* _To do_:
Gather all lines in the entries below that include the word "record".

Collected data:
== Segment start ==

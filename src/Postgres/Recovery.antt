-- ===== src/Postgres/Recovery.antt =====
-- The upgrade of an empty PostgreSQL database: all of it or nothing is there afterwards, and a later
-- opening goes on from either.
use dazeus_core.Base.{
  ◌≡◌, refl, ◌∙◌, ap, Bool, true, false, List, [], ◌∷◌, Option, none, some, ◌⊎◌, inl, inr,
}
use dazeus_core.Int.{ℤ, pos}
use dazeus_core.Text.{Str, lit, str_eq}
use dazeus_core.Text.Decimal.{decimal}
use dazeus_core.Requests.{Outcome, returns, throws, crashes}
use dazeus_core.Settings.{DatabaseConfig}
use dazeus_core.Sqlite.Rows.{Property}
use dazeus_core.Sqlite.{◌>>=◌}
use dazeus_core.Postgres.Rows.{find_values, upsert_property, inserted}
use dazeus_core.Postgres.{Commit, committed, refused, in_doubt, unless, answered}
use dazeus_core.Postgres.Upgrade.{
  connection_string, Schema, Host, Call, Upgrade, create_properties, create_permissions,
  create_function, create_properties_trigger, create_permissions_trigger, upgrade, store_version,
  find_table, find_version, upgrades, run_sql, called, run_upgrades, store, read_version,
  version_of, upgrade_from, work, conclude, upgrade_db, open_connection,
}

abbrev pub empty_schema : Schema
empty_schema = record {
  properties = none;
  permissions = none;
  update_function = false;
  properties_trigger = false;
  permissions_trigger = false;
}

abbrev pub version_row : Property
version_row = inserted (lit "dazeus_version") (decimal 5) [] [] []

-- all of it, without and with the version
abbrev upgraded : Schema
upgraded = record {
  properties = some [];
  permissions = some [];
  update_function = true;
  properties_trigger = true;
  permissions_trigger = true;
}

abbrev pub complete : Schema
complete = record upgraded { properties = some (version_row ∷ []) }

-- a result that is the one given, or an exception, if `P` allows one
Only : {A : Type 0} → Type 0 → A → Outcome A → Type 0
Only P a (returns b) = b ≡ a
Only P a (throws why) = P
Only P a (crashes why) = ⊥

Only-bind :
    {A B : Type 0} (P : Type 0) (a : A) (b : B) (m : Outcome A) (f : A → Outcome B)
    → Only P a m
    → Only P b (f a)
    → Only P b (m >>= f)
unfolding Only
Only-bind P a b (returns c) f h k = rw h k
Only-bind P a b (throws why) f h k = h
Only-bind P a b (crashes why) f h k = elim h [ ]

Only-unless :
    {A : Type 0} (P : Type 0) (a : A) (m : Outcome A) (o : Option Str)
    → (o ≡ none) ⊎ P
    → Only P a m
    → Only P a (unless o m)
unfolding Only
Only-unless P a m none q h = h
Only-unless P a m (some msg) (inl e) h = absurd cc
Only-unless P a m (some msg) (inr p) h = p

Only-returns : {A : Type 0} (P : Type 0) (a : A) → Only P a (returns a)
unfolding Only
Only-returns P a = refl

Only-sure : {A : Type 0} (a : A) (o : Outcome A) → Only ⊥ a o → o ≡ returns a
unfolding Only
Only-sure a (returns b) h = ap returns h
Only-sure a (throws why) h = elim h [ ]
Only-sure a (crashes why) h = elim h [ ]

module _ (v : Host) (P : Type 0) (start : (v.start ≡ none) ⊎ P)
    (fault : (call : Call) (d : Schema) → (v.fault call d ≡ none) ⊎ P) where
  run_upgrades_next :
      (u : Upgrade) (us : List Upgrade) (d e z : Schema)
      → run_sql v u d ≡ inr e
      → Only P z (run_upgrades v us e)
      → Only P z (run_upgrades v (u ∷ us) d)
  unfolding run_upgrades
  run_upgrades_next u us d e z h k = rw h (
      Only-bind P e z (called v (upgrade u) d (returns e)) (run_upgrades v us)
        (Only-unless P e (returns e) (v.fault (upgrade u) d) (fault (upgrade u) d)
          (Only-returns P e))
        k)

  run_upgrades-Only : Only P upgraded (run_upgrades v upgrades empty_schema)
  unfolding run_sql
  run_upgrades-Only = run_upgrades_next create_properties _ _ _ upgraded refl (
      run_upgrades_next create_permissions _ _ _ upgraded refl (
        run_upgrades_next create_function _ _ _ upgraded refl (
          run_upgrades_next create_properties_trigger _ _ _ upgraded refl (
            run_upgrades_next create_permissions_trigger [] _ upgraded upgraded refl
              (unfold run_upgrades in Only-returns P upgraded)))))

  work-Only : Only P (complete, true) (work v empty_schema)
  unfolding work read_version upgrade_from store upsert_property
  work-Only =
      Only-unless P (complete, true) _ v.start start
        (Only-bind P empty_schema (complete, true) _ _
          (Only-unless P empty_schema _ (v.fault find_table empty_schema)
            (fault find_table empty_schema) (Only-returns P empty_schema))
          (Only-bind P upgraded (complete, true) _ _ run_upgrades-Only
            (Only-bind P complete (complete, true) _ _
              (Only-unless P complete _ (v.fault store_version upgraded)
                (fault store_version upgraded) (Only-returns P complete))
              (Only-returns P (complete, true)))))

module _ (v : Host) where
  -- nothing or all
  upgrade_db-Whole :
      (o : Outcome (Schema × Bool))
      → Only Unit (complete, true) o
      → ((upgrade_db v empty_schema o).0 ≡ empty_schema)
        ⊎ ((upgrade_db v empty_schema o).0 ≡ complete)
  unfolding upgrade_db Only
  upgrade_db-Whole (returns (d, b)) h = rw h (ended (v.finish complete))
    where
      ended :
          (c : Commit)
          → ((conclude v empty_schema complete c).0 ≡ empty_schema)
            ⊎ ((conclude v empty_schema complete c).0 ≡ complete)
      ended committed = inr refl
      ended (refused why) = inl refl
      ended (in_doubt true why) = inr refl
      ended (in_doubt false why) = inl refl
  upgrade_db-Whole (throws why) h = inl refl
  upgrade_db-Whole (crashes why) h = elim h [ ]

  open_connection-Whole :
      (dbc : DatabaseConfig)
      → ((open_connection v dbc empty_schema).0 ≡ empty_schema)
        ⊎ ((open_connection v dbc empty_schema).0 ≡ complete)
  unfolding open_connection
  open_connection-Whole dbc = upgrade_db-Whole _ (
      Only-unless Unit (complete, true) _ (v.connect (connection_string dbc)) (inr tt)
        (Only-unless Unit (complete, true) _ v.prepare (inr tt)
          (work-Only v Unit (inr tt) (λ call d. inr tt))))

-- a later opening at which nothing fails
pub record Calm (v : Host) (dbc : DatabaseConfig) : Type 0 where
  pub connect : v.connect (connection_string dbc) ≡ none
  pub prepare : v.prepare ≡ none
  pub start : v.start ≡ none
  pub fault : (call : Call) (d : Schema) → v.fault call d ≡ none
  pub finish : v.finish complete ≡ committed
  pub as_int : v.as_int (decimal 5) ≡ inr (pos 5)

module _ (v : Host) (dbc : DatabaseConfig) (calm : Calm v dbc) where
  work-empty : work v empty_schema ≡ returns (complete, true)
  work-empty =
      Only-sure (complete, true) _
        (work-Only v ⊥ (inl calm.start) (λ call d. inl (calm.fault call d)))

  work-complete : work v complete ≡ returns (complete, false)
  unfolding work read_version upgrade_from version_of find_values lit str_eq decimal
  work-complete =
      Only-sure (complete, false) _
        (Only-unless ⊥ (complete, false) _ v.start (inl calm.start)
          (Only-bind ⊥ complete (complete, false) _ _
            (Only-unless ⊥ complete _ (v.fault find_table complete)
              (inl (calm.fault find_table complete)) (Only-returns ⊥ complete))
            (Only-bind ⊥ (pos 5) (complete, false) _ _
              (Only-unless ⊥ (pos 5) _ (v.fault find_version complete)
                (inl (calm.fault find_version complete)) (told (v.as_int (decimal 5)) calm.as_int))
              (Only-returns ⊥ (complete, false)))))
    where
      told : (o : Str ⊎ ℤ) → o ≡ inr (pos 5) → Only ⊥ (pos 5) (answered o)
      told (inl msg) e = absurd cc
      told (inr n) e = let same : n ≡ pos 5 = cc in unfold Only in same

  open_connection-calm :
      (d : Schema) (b : Bool)
      → work v d ≡ returns (complete, b)
      → open_connection v dbc d ≡ upgrade_db v d (returns (complete, b))
  unfolding open_connection
  open_connection-calm d b h = rw h (
      ap (upgrade_db v d) (
        Only-sure (complete, b) _
          (Only-unless ⊥ (complete, b) _ (v.connect (connection_string dbc)) (inl calm.connect)
            (Only-unless ⊥ (complete, b) _ v.prepare (inl calm.prepare)
              (Only-returns ⊥ (complete, b))))))

-- The upgrade is one transaction: whatever fails while an empty database is opened, even a commit
-- whose end is unknown, a later opening at which nothing fails returns and leaves the tables, the
-- triggers and the version.
pub open_connection-recovers :
    (v later : Host) (dbc dbc' : DatabaseConfig)
    → Calm later dbc'
    → open_connection later dbc' (open_connection v dbc empty_schema).0 ≡ (complete, returns tt)
unfolding upgrade_db conclude
open_connection-recovers v later dbc dbc' calm = elim (open_connection-Whole v dbc) [
  | inl none_of_it ↦ rw none_of_it (
      open_connection-calm later dbc' calm empty_schema true (work-empty later dbc' calm)
      ∙ ap (conclude later empty_schema complete) calm.finish)
  | inr all_of_it ↦
      rw all_of_it
        (open_connection-calm later dbc' calm complete false (work-complete later dbc' calm) ∙ refl)
]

== Segment end ==

* _Exercise output_:
empty_schema = record {
upgraded = record {
complete = record upgraded { properties = some (version_row ∷ []) }
pub record Calm (v : Host) (dbc : DatabaseConfig) : Type 0 where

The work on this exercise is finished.